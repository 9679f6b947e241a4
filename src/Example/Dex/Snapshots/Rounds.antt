-- ===== src/Example/Dex/Snapshots/Rounds.antt =====
-- How many rounds an import takes.
use bapi.Example.Dex.Snapshots.{install}
-- What an import returns that succeeds or rejects, and asks for no chunks.
use bapi.Go.Order.{bytes_eq}
use bapi.Example.Dex.Snapshots.Arrival.{length-receive, Below}
use bapi.Go.Error.{GoError}
use bapi.Example.Dex.Snapshots.Retry.{import_snapshot-retry_indices, listed, sent}
use bapi.Types.{
  import_reject, import_ok, import_retry_chunks, ImportResult, SnapshotChunk, SnapshotDescriptor,
}
use bapi.Example.Dex.Chain.{Dex}
use bapi.Base.{
  ◌⊎◌, inl, inr, All-append, true, ◌==◌, refl, not, by_if, arith, All, ◌∷◌, ◌^◌, ◌||◌, ◌<◌, none,
  [], ◌≡◌, ◌++◌, length, Option, List, ℕ,
}
use bapi.Example.Dex.Snapshots.{snapshot_format, assemble, receive, u32, import_snapshot}
use bapi.Example.Dex.State.{decoded, malformed, State, Decoded, World}
use bapi.Go.Run.{blocked, panicked, returned, Fallible, Run}

abbrev pub Settled : Run Dex (Fallible ImportResult) → Type 0
Settled (returned (r, e) t) =
    (e ≡ none) × ((r.status ≡ import_ok) ⊎ (r.status ≡ import_reject)) × (r.retry_indices ≡ [])
Settled (panicked e t) = ⊥
Settled (blocked t) = ⊥

sent-append : (j : ℕ) (xs ys : List SnapshotChunk) → sent j (xs ++ ys) ≡ (sent j xs || sent j ys)
sent-append j [] ys = refl
sent-append j (x ∷ xs) ys = ground (arith, sent-append j xs ys)

install-Settled : (w : World) (d : Decoded State) (app : Dex) → Settled (install w d app)
unfolding install
install-Settled w (malformed e) app = (refl, inr refl, refl)
install-Settled w (decoded s) app = (refl, inl refl, refl)

-- An import that has received as many chunks as the descriptor counts asks for none.
complete-Settled :
    (w : World) (desc : SnapshotDescriptor) (chunks : List SnapshotChunk) (app : Dex)
    → (u32 (length (receive chunks [])) ≡ desc.chunks)
    → Settled (import_snapshot w desc chunks app)
unfolding import_snapshot
complete-Settled w desc chunks app e =
    let full = assemble (receive chunks []) 0 desc.chunks in
    by_if Settled (not (desc.format == snapshot_format)) _ _ (λ h. (refl, inr refl, refl))
      λ h.
        by_if Settled (not (u32 (length (receive chunks [])) == desc.chunks)) _ _
          (λ h. absurd (ground (arith, e, h)))
          λ h.
            by_if Settled (not (bytes_eq (w.sha256 full) desc.hash)) _ _
              (λ h. (refl, inr refl, refl)) λ h. install-Settled w (w.unmarshal_state full) app

-- An import is over after two rounds. Where no chunk has an index that the descriptor does not
-- count, and the first round asks for chunks again, a second round with all that it asks for, added
-- to what came before, returns without an error: it succeeds or rejects, and asks for no chunks.
pub second_round :
    (w : World) (desc : SnapshotDescriptor) (first second : List SnapshotChunk) (app : Dex)
    (r : ImportResult) (e : Option GoError) (t : Dex)
    → desc.chunks < 2 ^ 32
    → All (Below desc.chunks) first
    → All (Below desc.chunks) second
    → import_snapshot w desc first app ≡ returned (r, e) t
    → r.status ≡ import_retry_chunks
    → ((j : ℕ) → listed j r.retry_indices ≡ true → sent j second ≡ true)
    → Settled (import_snapshot w desc (first ++ second) t)
second_round w desc first second app r e t small f s i k again =
    let n = desc.chunks in
    let there : (j : ℕ) → j < n → sent j (first ++ second) ≡ true = λ j l. ground (
      arith,
      l,
      again j,
      sent-append j first second,
      (import_snapshot-retry_indices w desc first app r e t j i k).0,
    ) in
    complete-Settled w desc (first ++ second) t (
      omega (
        arith,
        small,
        length-receive n (first ++ second) (All-append (Below n) first second f s) there,
      ))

★ ★ ★ ★ ★ ★ ★

Exercise:
Exactness is what counts here: write out every record again.

Answer space:
repository 9679f6b947e241a4
filename src/Example/Dex/Snapshots/Rounds.antt
-- ===== src/Example/Dex/Snapshots/Rounds.antt =====
-- How many rounds an import takes.
use bapi.Example.Dex.Snapshots.{install}
-- What an import returns that succeeds or rejects, and asks for no chunks.
use bapi.Go.Order.{bytes_eq}
use bapi.Example.Dex.Snapshots.Arrival.{length-receive, Below}
use bapi.Go.Error.{GoError}
use bapi.Example.Dex.Snapshots.Retry.{import_snapshot-retry_indices, listed, sent}
use bapi.Types.{
  import_reject, import_ok, import_retry_chunks, ImportResult, SnapshotChunk, SnapshotDescriptor,
}
use bapi.Example.Dex.Chain.{Dex}
use bapi.Base.{
  ◌⊎◌, inl, inr, All-append, true, ◌==◌, refl, not, by_if, arith, All, ◌∷◌, ◌^◌, ◌||◌, ◌<◌, none,
  [], ◌≡◌, ◌++◌, length, Option, List, ℕ,
}
use bapi.Example.Dex.Snapshots.{snapshot_format, assemble, receive, u32, import_snapshot}
use bapi.Example.Dex.State.{decoded, malformed, State, Decoded, World}
use bapi.Go.Run.{blocked, panicked, returned, Fallible, Run}

abbrev pub Settled : Run Dex (Fallible ImportResult) → Type 0
Settled (returned (r, e) t) =
    (e ≡ none) × ((r.status ≡ import_ok) ⊎ (r.status ≡ import_reject)) × (r.retry_indices ≡ [])
Settled (panicked e t) = ⊥
Settled (blocked t) = ⊥

sent-append : (j : ℕ) (xs ys : List SnapshotChunk) → sent j (xs ++ ys) ≡ (sent j xs || sent j ys)
sent-append j [] ys = refl
sent-append j (x ∷ xs) ys = ground (arith, sent-append j xs ys)

install-Settled : (w : World) (d : Decoded State) (app : Dex) → Settled (install w d app)
unfolding install
install-Settled w (malformed e) app = (refl, inr refl, refl)
install-Settled w (decoded s) app = (refl, inl refl, refl)

-- An import that has received as many chunks as the descriptor counts asks for none.
complete-Settled :
    (w : World) (desc : SnapshotDescriptor) (chunks : List SnapshotChunk) (app : Dex)
    → (u32 (length (receive chunks [])) ≡ desc.chunks)
    → Settled (import_snapshot w desc chunks app)
unfolding import_snapshot
complete-Settled w desc chunks app e =
    let full = assemble (receive chunks []) 0 desc.chunks in
    by_if Settled (not (desc.format == snapshot_format)) _ _ (λ h. (refl, inr refl, refl))
      λ h.
        by_if Settled (not (u32 (length (receive chunks [])) == desc.chunks)) _ _
          (λ h. absurd (ground (arith, e, h)))
          λ h.
            by_if Settled (not (bytes_eq (w.sha256 full) desc.hash)) _ _
              (λ h. (refl, inr refl, refl)) λ h. install-Settled w (w.unmarshal_state full) app

-- An import is over after two rounds. Where no chunk has an index that the descriptor does not
-- count, and the first round asks for chunks again, a second round with all that it asks for, added
-- to what came before, returns without an error: it succeeds or rejects, and asks for no chunks.
pub second_round :
    (w : World) (desc : SnapshotDescriptor) (first second : List SnapshotChunk) (app : Dex)
    (r : ImportResult) (e : Option GoError) (t : Dex)
    → desc.chunks < 2 ^ 32
    → All (Below desc.chunks) first
    → All (Below desc.chunks) second
    → import_snapshot w desc first app ≡ returned (r, e) t
    → r.status ≡ import_retry_chunks
    → ((j : ℕ) → listed j r.retry_indices ≡ true → sent j second ≡ true)
    → Settled (import_snapshot w desc (first ++ second) t)
second_round w desc first second app r e t small f s i k again =
    let n = desc.chunks in
    let there : (j : ℕ) → j < n → sent j (first ++ second) ≡ true = λ j l. ground (
      arith,
      l,
      again j,
      sent-append j first second,
      (import_snapshot-retry_indices w desc first app r e t j i k).0,
    ) in
    complete-Settled w desc (first ++ second) t (
      omega (
        arith,
        small,
        length-receive n (first ++ second) (All-append (Below n) first second f s) there,
      ))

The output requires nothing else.